The Fifth Element

The Fifth Element

byJohn Wilson

Issue: March/April
Date: 01/03/2021
Five Farms Irish Cream Liqueur, Co. Cork

Grass-fed cows from five Cork farms are the secret to the success of a single batch cream liqueur, writes John Wilson.

Irish cream liqueur is not a new concept. Various people claim to have invented Bailey’s Irish Cream back in 1974, but whoever was responsible created one of the most popular drinks in the world. Since then, there have been many imitations, but surprisingly little innovation, other than adding alternative spirits. Five Farms is a luxury cream liqueur that is breaking the mould, with milk produced from five farms in South West Cork.

Five Farms is the brainchild of Johnny Harte, a veteran of the Irish drinks scene. “I first had the idea on a trip I made to the US some years ago,” he tells me. “I had a conversation with Mick Harris, president, McCormack Distilling Co. in Weston, Missouri, (‘a proud Irish-American Company’), about how the Irish Cream liqueur category had never really developed.” Johnny went away and thought about it and five years ago, the duo formed a partnership.

“It always has and always will only ever come from grass-fed cows on five farms in a special part of South West Cork. There is a unique microclimate there, where the Atlantic Gulf Stream comes in along a corridor of land that is warmer, where the grass grows sooner and for longer. What people want is a genuine product of provenance, one that you could believe – so every claim has to be honest and true.“ Everything bar the vanilla (they use genuine Madagascar vanilla extract) comes from the county of Cork; the cream, the milk, the neutral spirit and the whiskey. It is made in the Silver Pale ice cream facility in Fermoy.

“It went to market in 2017. We sent two containers to the US, and I went out in January thinking I would have to do a lot of difficult selling but discovered that it had sold out over Christmas. One shop told me they had to raffle off the last few bottles so great was the demand. We knew then we were onto something; we are now in our third year, and so far, the focus has been on the US and Ireland. Both have been extremely successful. I am so delighted with the reaction in Ireland. I never ever thought it would be as popular, I am blown away. You hope people will embrace it – I have never seen a reaction like it and we are only beginning.”

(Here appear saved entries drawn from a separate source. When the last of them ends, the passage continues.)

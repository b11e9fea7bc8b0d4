-- ===== src/Store/Laws.antt =====
-- The store as its single writer sees it: reads after writes, and entry times.
use hounds_ciai.Prelude.{
  ℕ, String, true, ◌≡◌, refl, ◌≢◌, inl, inr, none, some, List, [], ◌∷◌, ◌==◌, string_eq, nat_eq,
  if◌then◌else◌, any, find?, arith, eq_iff, Bool-cases,
}
use hounds_ciai.Result.{ok, err, not_found}
use hounds_ciai.Store.{
  Task, AuditEntry, Store, get_task, set_columns, update_rows, update_task, append_audit,
  state_entry_time,
}

has_row-of-find :
    (id : String) (rows : List Task) (row : Task)
    → find? (λ (r : Task). r.id == id) rows ≡ some row
    → any (λ (r : Task). r.id == id) rows ≡ true
has_row-of-find id [] row h = cc
has_row-of-find id (r ∷ rs) row h = ground (arith, has_row-of-find id rs row)

find_row-update_rows :
    (t : Task) (rows : List Task) (row : Task)
    → find? (λ (r : Task). r.id == t.id) rows ≡ some row
    → find? (λ (r : Task). r.id == t.id) (update_rows t rows) ≡ some (set_columns t row)
unfolding update_rows
find_row-update_rows t [] row h = cc
find_row-update_rows t (r ∷ rs) row h = elim (Bool-cases (r.id == t.id)) [
  | inl e ↦ ground (arith, e)
  | inr e ↦ ground (arith, e, find_row-update_rows t rs row)
]

find_row-update_rows_ne :
    (t : Task) (id : String) (rows : List Task)
    → id ≢ t.id
    → find? (λ (r : Task). r.id == id) (update_rows t rows) ≡ find? (λ (r : Task). r.id == id) rows
unfolding update_rows
find_row-update_rows_ne t id [] ne = refl
find_row-update_rows_ne t id (r ∷ rs) ne =
    ground (arith, eq_iff r.id t.id, eq_iff r.id id, find_row-update_rows_ne t id rs)

-- A row as a write of the task `t` leaves the row `before`.
pub record Overwritten (t before row : Task) : Type 0 where
  pub id : row.id ≡ before.id
  pub issue : row.issue ≡ before.issue
  pub workflow_snapshot : row.workflow_snapshot ≡ before.workflow_snapshot
  pub created_at : row.created_at ≡ before.created_at
  pub repo : row.repo ≡ t.repo
  pub branch : row.branch ≡ t.branch
  pub current_state : row.current_state ≡ t.current_state
  pub pane_id : row.pane_id ≡ t.pane_id
  pub pane_spawn_state : row.pane_spawn_state ≡ t.pane_spawn_state
  pub state_entry_head : row.state_entry_head ≡ t.state_entry_head
  pub agent_status : row.agent_status ≡ t.agent_status
  pub agent_status_at : row.agent_status_at ≡ t.agent_status_at
  pub state_entered_at : row.state_entered_at ≡ t.state_entered_at
  pub pr_number : row.pr_number ≡ t.pr_number
  pub retry_counts : row.retry_counts ≡ t.retry_counts
  pub updated_at : row.updated_at ≡ t.updated_at

set_columns-Overwritten : (t before : Task) → Overwritten t before (set_columns t before)
unfolding set_columns
set_columns-Overwritten t before = record {
  id = refl;
  issue = refl;
  workflow_snapshot = refl;
  created_at = refl;
  repo = refl;
  branch = refl;
  current_state = refl;
  pane_id = refl;
  pane_spawn_state = refl;
  state_entry_head = refl;
  agent_status = refl;
  agent_status_at = refl;
  state_entered_at = refl;
  pr_number = refl;
  retry_counts = refl;
  updated_at = refl;
}

-- A write to a stored task succeeds, and a read of the task then gives a row with the written repo,
-- branch, state, pane and its spawn state, entry head, agent status and its time, entry time, PR,
-- retry counts and update time, and with the id, issue, workflow snapshot and creation time that it
-- had; the audit log is as it was.
pub update_task-get_task :
    (t before : Task) (s : Store)
    → get_task t.id s ≡ ok before
    → (s' : Store) × (row : Task) × (update_task t s ≡ ok s')
      × (get_task t.id s' ≡ ok row)
      × Overwritten t before row
      × (s'.log ≡ s.log)
unfolding get_task update_task
update_task-get_task t before s h =
    let found : find? (λ (r : Task). r.id == t.id) s.tasks ≡ some before = ground arith in
    (
      record s { tasks = update_rows t s.tasks },
      set_columns t before,
      rw (has_row-of-find t.id s.tasks before found),
      rw (find_row-update_rows t s.tasks before found, get_task),
      set_columns-Overwritten t before,
      refl,
    )

written : (t : Task) (s s' : Store) → update_task t s ≡ ok s' → s'.tasks ≡ update_rows t s.tasks
unfolding update_task
written t s s' h = ground arith

-- A write leaves what is read of every other task as it was.
pub update_task-get_task_ne :
    (t : Task) (s s' : Store) (id : String)
    → id ≢ t.id
    → update_task t s ≡ ok s'
    → get_task id s' ≡ get_task id s
unfolding get_task
update_task-get_task_ne t s s' id ne h =
    rw (written t s s' h, find_row-update_rows_ne t id s.tasks ne, get_task)

pub update_task-log : (t : Task) (s s' : Store) → update_task t s ≡ ok s' → s'.log ≡ s.log
unfolding update_task
update_task-log t s s' h = ground arith

-- A write to a task that has no row is refused as not found.
pub update_task_missing :
    (t : Task) (s : Store) → get_task t.id s ≡ err not_found → update_task t s ≡ err not_found
unfolding get_task update_task
update_task_missing t s h = refused s.tasks (ground arith)
  where
    refused :
        (rows : List Task)
        → find? (λ (r : Task). r.id == t.id) rows ≡ none
        → (if any (λ (r : Task). r.id == t.id) rows
            then ok (record s { tasks = update_rows t s.tasks })
            else err not_found)
          ≡ err not_found
    refused [] n = refl
    refused (r ∷ rs) n = elim (Bool-cases (r.id == t.id)) [
      | inl e ↦ ground (arith, e)
      | inr e ↦ rw e (refused rs (ground (arith, e)))
    ]

-- A row from a state to itself, as a suspended wait or an alert writes, leaves the entry time of
-- every state of every task where it was.
pub state_entry_time_self_loop :
    (now : ℕ) (e : AuditEntry) (s : Store) (id state : String)
    → e.from_state ≡ e.to_state
    → state_entry_time id state (append_audit now e s) ≡ state_entry_time id state s
unfolding state_entry_time append_audit
state_entry_time_self_loop now e s id state h =
    ground (arith, eq_iff e.to_state state, eq_iff e.from_state state)

-- A genuine entry restarts the clock: the entry time becomes the time of that row.
pub state_entry_time_entry :
    (now : ℕ) (e : AuditEntry) (s : Store)
    → e.from_state ≢ e.to_state
    → e.ts ≡ 0
    → state_entry_time e.task_id e.to_state (append_audit now e s) ≡ some now
unfolding state_entry_time append_audit
state_entry_time_entry now e s ne z = ground (
  arith,
  eq_iff e.task_id e.task_id,
  eq_iff e.to_state e.to_state,
  eq_iff e.from_state e.to_state,
)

The name Five Farms came about partly by chance. The name they originally chose looked like it might run into patent problems down the line. “The name sort of made itself. I kept referring to it as five farms on the phone when I was talking to people,” Johnny explains, “Once we knew there were five farms that could guarantee consistent supply, we decided to go with that.”

The farms gave further inspiration, with the eye catching flip top bottle designed to resemble a traditional milk churn. “The whole idea is of a ritual; when you sit down, part of it is the top popping like the cork on a bottle of wine.”

A sweet drink, that’s won several awards, Five Farms is warming, rich, creamy and smooth, coating the palate with caramel and vanilla. Drink it cold, at room temperature, or fix yourself a cocktail to toast this great new Irish success story. The Five Farms Espresso Martini, with vodka and coffee, sounds like an excellent place to start.

Five Farms is available for around €35 from specialist off-licences and SuperValu.